# E-Mail Willkommens Nachricht



## DannYFreSh (18. Okt. 2010)

Hallo,

wo finde ich die entsprechende Datei, um die Nachrichten, die nach einrichten einer neuen Mailbox versandt werden anzupassen d.h den Text der Mail & den Absender

hab zwar schon in /usr/local/ispconfig/interface/web/mail/templates gesucht aber nichts gefunden, einfacher wäre es wenn mir jemand die entsprechende Datei nenne könnte 

Komischerweise ist der Absender seit dem Update auf 3.0.3 nicht mehr ISPconfig sondern "North*** Sol*** - Support" und als Antwort Mail steht dann diese Adresse technik@support.maxi****.de

Das ist auch der Grund warum ich das gerne ändern möchte und die Datei suche.


----------



## Till (18. Okt. 2010)

Du findest den Text im Sprachdateien Editor unter System in der mail_user Datei.
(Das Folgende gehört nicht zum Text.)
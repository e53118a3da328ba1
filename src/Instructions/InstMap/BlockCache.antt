-- ===== src/Instructions/InstMap/BlockCache.antt =====
-- inst_map.py: `get_block`, the cache of compiled blocks.
use tsrkit_pvm.Prelude.{ℕ, Option, none, some, Outcome, ◌≡◌, refl, arith}
use tsrkit_pvm.Interpreter.Program.{Program}
use tsrkit_pvm.Instructions.InstMap.{BlockInfo, Cache, compile_block, get_block, remember, compiled}

abbrev U : Type 0
U = Unit {0}

-- The cache holds what `_compile_block` gives.
abbrev pub IsFresh : Program → Cache → Type 0
IsFresh p cache =
    (pc : ℕ) (info : BlockInfo)
    → cache pc ≡ some info
    → compile_block p pc tt ≡ Outcome.done info tt

pub remember-IsFresh :
    (p : Program) (cache : Cache) (pc : ℕ) (info : BlockInfo)
    → IsFresh p cache
    → compile_block p pc tt ≡ Outcome.done info tt
    → IsFresh p (remember cache pc info)
remember-IsFresh p cache pc info fresh e j found g = ground (arith, fresh j found)

-- `get_block` answers what `_compile_block` would, the exception it raises included, and leaves a
-- cache behind for which the same holds.
abbrev pub Agrees : Program → ℕ → Outcome Cache BlockInfo → Type 0
Agrees p pc (Outcome.done info cache) =
    (compile_block p pc tt ≡ Outcome.done info tt) × IsFresh p cache
Agrees p pc (Outcome.raised e cache) =
    (compile_block p pc tt ≡ Outcome.raised e tt) × IsFresh p cache

compiled-Agrees :
    (p : Program) (cache : Cache) (pc : ℕ) (o : Outcome U BlockInfo)
    → IsFresh p cache
    → compile_block p pc tt ≡ o
    → Agrees p pc (compiled cache pc o)
compiled-Agrees p cache pc (Outcome.done info tt) fresh e =
    (e, remember-IsFresh p cache pc info fresh e)
compiled-Agrees p cache pc (Outcome.raised x tt) fresh e = (e, fresh)

-- With a cache that holds only what `_compile_block` gives, `get_block` answers what
-- `_compile_block` would, its exception included, and leaves such a cache behind.
pub get_block-Agrees :
    (p : Program) (pc : ℕ) (cache : Cache) → IsFresh p cache → Agrees p pc (get_block p pc cache)
unfolding get_block
get_block-Agrees p pc cache fresh = go (cache pc) refl
  where
    go :
        (o : Option BlockInfo)
        → cache pc ≡ o
        → Agrees p pc (elim o [
          | some info ↦ Outcome.done info cache
          | none ↦ compiled cache pc (compile_block p pc tt)
        ])
    go (some info) e = (fresh pc info e, fresh)
    go none e = compiled-Agrees p cache pc _ fresh refl
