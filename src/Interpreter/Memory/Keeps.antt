-- ===== src/Interpreter/Memory/Keeps.antt =====
-- memory.py: reads and writes, and the invariant of the memory.
use tsrkit_pvm.Prelude.{
  ℕ, zero, suc, ◌+◌, ◌-◌, ◌/◌, ◌%◌, Bool, true, false, ◌&&◌, List, Option, none, some, ◌≡◌, refl,
  ◌==◌, ltb, leb, if◌then◌else◌, length, slice, Outcome, Exn, Ensures, Ensures-bind,
}
use tsrkit_pvm.Interpreter.Memory.{
  Memory, addr_mod, page_size, page_or_zero, matches, can_read, can_write, read_multipage,
  read_single, read_cold, page_read, hot_read, hot_write, read_at, read, write_multipage,
  write_single, write_cold, write_at, write,
}
use tsrkit_pvm.Interpreter.Memory.Coherent.{
  AreBytes, IsPage, IsCoherent, AreBytes-replicate, AreBytes-append, AreBytes-take, AreBytes-drop,
  slice-AreBytes, page_or_zero-IsPage, store_page-IsCoherent, warm-IsCoherent, can_write→can_read,
  can_write→w_pages,
}

-- What a read keeps and gives, and what a write keeps: a raise is a page fault.
abbrev pub IsFault : Exn → Type 0
IsFault (Exn.page_fault addr) = Unit
IsFault _ = ⊥

abbrev pub Faults : Exn → Memory → Type 0
Faults e m = IsCoherent m × IsFault e

abbrev pub Reads : Outcome Memory (List ℕ) → Type 0
Reads = Ensures (λ bytes m. IsCoherent m × AreBytes bytes) Faults

abbrev pub Writes : Outcome Memory (Unit {0}) → Type 0
Writes = Ensures (λ _ m. IsCoherent m) Faults

Ensures-if :
    {S A : Type 0} {P : A → S → Type 0} {Q : Exn → S → Type 0} (test : Bool) {x y : Outcome S A}
    → (test ≡ true → Ensures P Q x)
    → (test ≡ false → Ensures P Q y)
    → Ensures P Q (if test then x else y)
Ensures-if true h k = h refl
Ensures-if false h k = k refl

pub page-AreBytes :
    (m : Memory) (pg i n : ℕ) → IsCoherent m → AreBytes (slice (page_or_zero (m.pages pg)) i n)
page-AreBytes m pg i n c = slice-AreBytes _ i n (page_or_zero-IsPage (m.pages pg) (c.paged pg)).1

read_multipage-Reads :
    (fuel address end : ℕ) (m : Memory) → IsCoherent m → Reads (read_multipage fuel address end m)
unfolding read_multipage
read_multipage-Reads zero address end m c = Ensures.returns (c, tt)
read_multipage-Reads (suc fuel) address end m c =
    Ensures-if (ltb address end)
      (λ _.
        Ensures-if (can_read m (address / page_size))
          (λ _. Ensures-bind (read_multipage-Reads fuel _ end m c) (λ tail m' h.
            Ensures.returns (h.0, AreBytes-append _ tail (page-AreBytes m _ _ _ c) h.1)))
          (λ _. Ensures.raises (c, tt)))
      (λ _. Ensures.returns (c, tt))

page_read-Reads :
    (o : Option (List ℕ)) (pg address len : ℕ) (m : Memory)
    → ((bytes : List ℕ) → o ≡ some bytes → IsPage bytes)
    → can_read m pg ≡ true
    → IsCoherent m
    → Reads (page_read o pg address len m)
page_read-Reads none pg address len m h r c = Ensures.returns (c, AreBytes-replicate len)
page_read-Reads (some bytes) pg address len m h r c =
    Ensures.returns
      (warm-IsCoherent pg _ m r (λ w. w) c, slice-AreBytes bytes _ len (h bytes refl).1)

read_single-Reads :
    (pg address len : ℕ) (m : Memory) → IsCoherent m → Reads (read_single pg address len m)
unfolding read_single
read_single-Reads pg address len m c =
    Ensures-if (can_read m pg) (λ r. page_read-Reads (m.pages pg) pg address len m (c.paged pg) r c)
      (λ _. Ensures.raises (c, tt))

read_cold-Reads : (address len : ℕ) (m : Memory) → IsCoherent m → Reads (read_cold address len m)
unfolding read_cold
read_cold-Reads address len m c =
    Ensures-if (address / page_size == (address + len - 1) / page_size)
      (λ _. read_single-Reads _ address len m c) (λ _. read_multipage-Reads len address _ m c)

hot_read-Reads :
    (o : Option ℕ) (address len : ℕ) (m : Memory) {cold : Outcome Memory (List ℕ)}
    → IsCoherent m
    → Reads cold
    → Reads (hot_read o address len cold m)
hot_read-Reads none address len m c k = k
hot_read-Reads (some n) address len m c k = Ensures.returns (c, page-AreBytes m n _ len c)

read_at-Reads : (address len : ℕ) (m : Memory) → IsCoherent m → Reads (read_at address len m)
unfolding read_at
read_at-Reads address len m c =
    Ensures-if
      (matches m.hot_page_num (address / page_size) && leb (address % page_size + len) page_size)
      (λ _. hot_read-Reads m.hot_page_data address len m c (read_cold-Reads address len m c))
      (λ _. read_cold-Reads address len m c)

-- A read keeps a memory coherent, whether it returns or raises, gives bytes, and raises nothing
-- but a page fault.
pub read-Reads : (address len : ℕ) (m : Memory) → IsCoherent m → Reads (read address len m)
unfolding read
read-Reads address len m c =
    Ensures-if (len == 0) (λ _. Ensures.returns (c, tt))
      (λ _. read_at-Reads (address % addr_mod) len m c)

write_multipage-Writes :
    (fuel address : ℕ) (bytes : List ℕ) (m : Memory)
    → AreBytes bytes
    → IsCoherent m
    → Writes (write_multipage fuel address bytes m)
unfolding write_multipage
write_multipage-Writes zero address bytes m b c = Ensures.returns c
write_multipage-Writes (suc fuel) address bytes m b c =
    Ensures-if (ltb 0 (length bytes))
      (λ _.
        Ensures-if (can_write m (address / page_size))
          (λ _.
            write_multipage-Writes fuel _ _ _ (AreBytes-drop _ bytes b)
              (store_page-IsCoherent _ _ _ m (AreBytes-take _ bytes b) c))
          (λ _. Ensures.raises (c, tt)))
      (λ _. Ensures.returns c)

write_single-Writes :
    (pg address : ℕ) (bytes : List ℕ) (m : Memory)
    → AreBytes bytes
    → IsCoherent m
    → Writes (write_single pg address bytes m)
unfolding write_single
write_single-Writes pg address bytes m b c =
    Ensures-if (can_write m pg)
      (λ w. Ensures.returns (
        store_page-IsCoherent pg _ bytes _ b (
          warm-IsCoherent pg true m (can_write→can_read m pg w) (λ _. can_write→w_pages m pg w) c)))
      (λ _. Ensures.raises (c, tt))

write_cold-Writes :
    (address : ℕ) (bytes : List ℕ) (m : Memory)
    → AreBytes bytes
    → IsCoherent m
    → Writes (write_cold address bytes m)
unfolding write_cold
write_cold-Writes address bytes m b c =
    Ensures-if (address / page_size == (address + length bytes - 1) / page_size)
      (λ _. write_single-Writes _ address bytes m b c)
      (λ _. write_multipage-Writes _ address bytes m b c)

hot_write-Writes :
    (o : Option ℕ) (address : ℕ) (bytes : List ℕ) (m : Memory) {cold : Outcome Memory (Unit {0})}
    → AreBytes bytes
    → IsCoherent m
    → Writes cold
    → Writes (hot_write o address bytes cold m)
hot_write-Writes none address bytes m b c k = k
hot_write-Writes (some n) address bytes m b c k =
    Ensures.returns (store_page-IsCoherent n _ bytes m b c)

write_at-Writes :
    (address : ℕ) (bytes : List ℕ) (m : Memory)
    → AreBytes bytes
    → IsCoherent m
    → Writes (write_at address bytes m)
unfolding write_at
write_at-Writes address bytes m b c =
    Ensures-if
      (matches m.hot_page_num (address / page_size)
        && m.hot_page_writable
        && leb (address % page_size + length bytes) page_size)
      (λ _.
        hot_write-Writes m.hot_page_data address bytes m b c
          (write_cold-Writes address bytes m b c))
      (λ _. write_cold-Writes address bytes m b c)

-- A write of bytes keeps a memory coherent, whether it returns or raises, and raises nothing but a
-- page fault.
pub write-Writes :
    (address : ℕ) (bytes : List ℕ) (m : Memory)
    → AreBytes bytes
    → IsCoherent m
    → Writes (write address bytes m)
unfolding write
write-Writes address bytes m b c =
    Ensures-if (length bytes == 0) (λ _. Ensures.returns c)
      (λ _. write_at-Writes (address % addr_mod) bytes m b c)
Habe das auch im SVN schon gefixt, der Text ist uns leider bei der Durchsicht der Sprachdateien durchgerutscht.


----------



## DannYFreSh (18. Okt. 2010)

Super, hat geklappt, da war ich zwar vorher auch schon unterwegs, hab es aber wohl übersehen bei den ganzen Dateien und dem Text


----------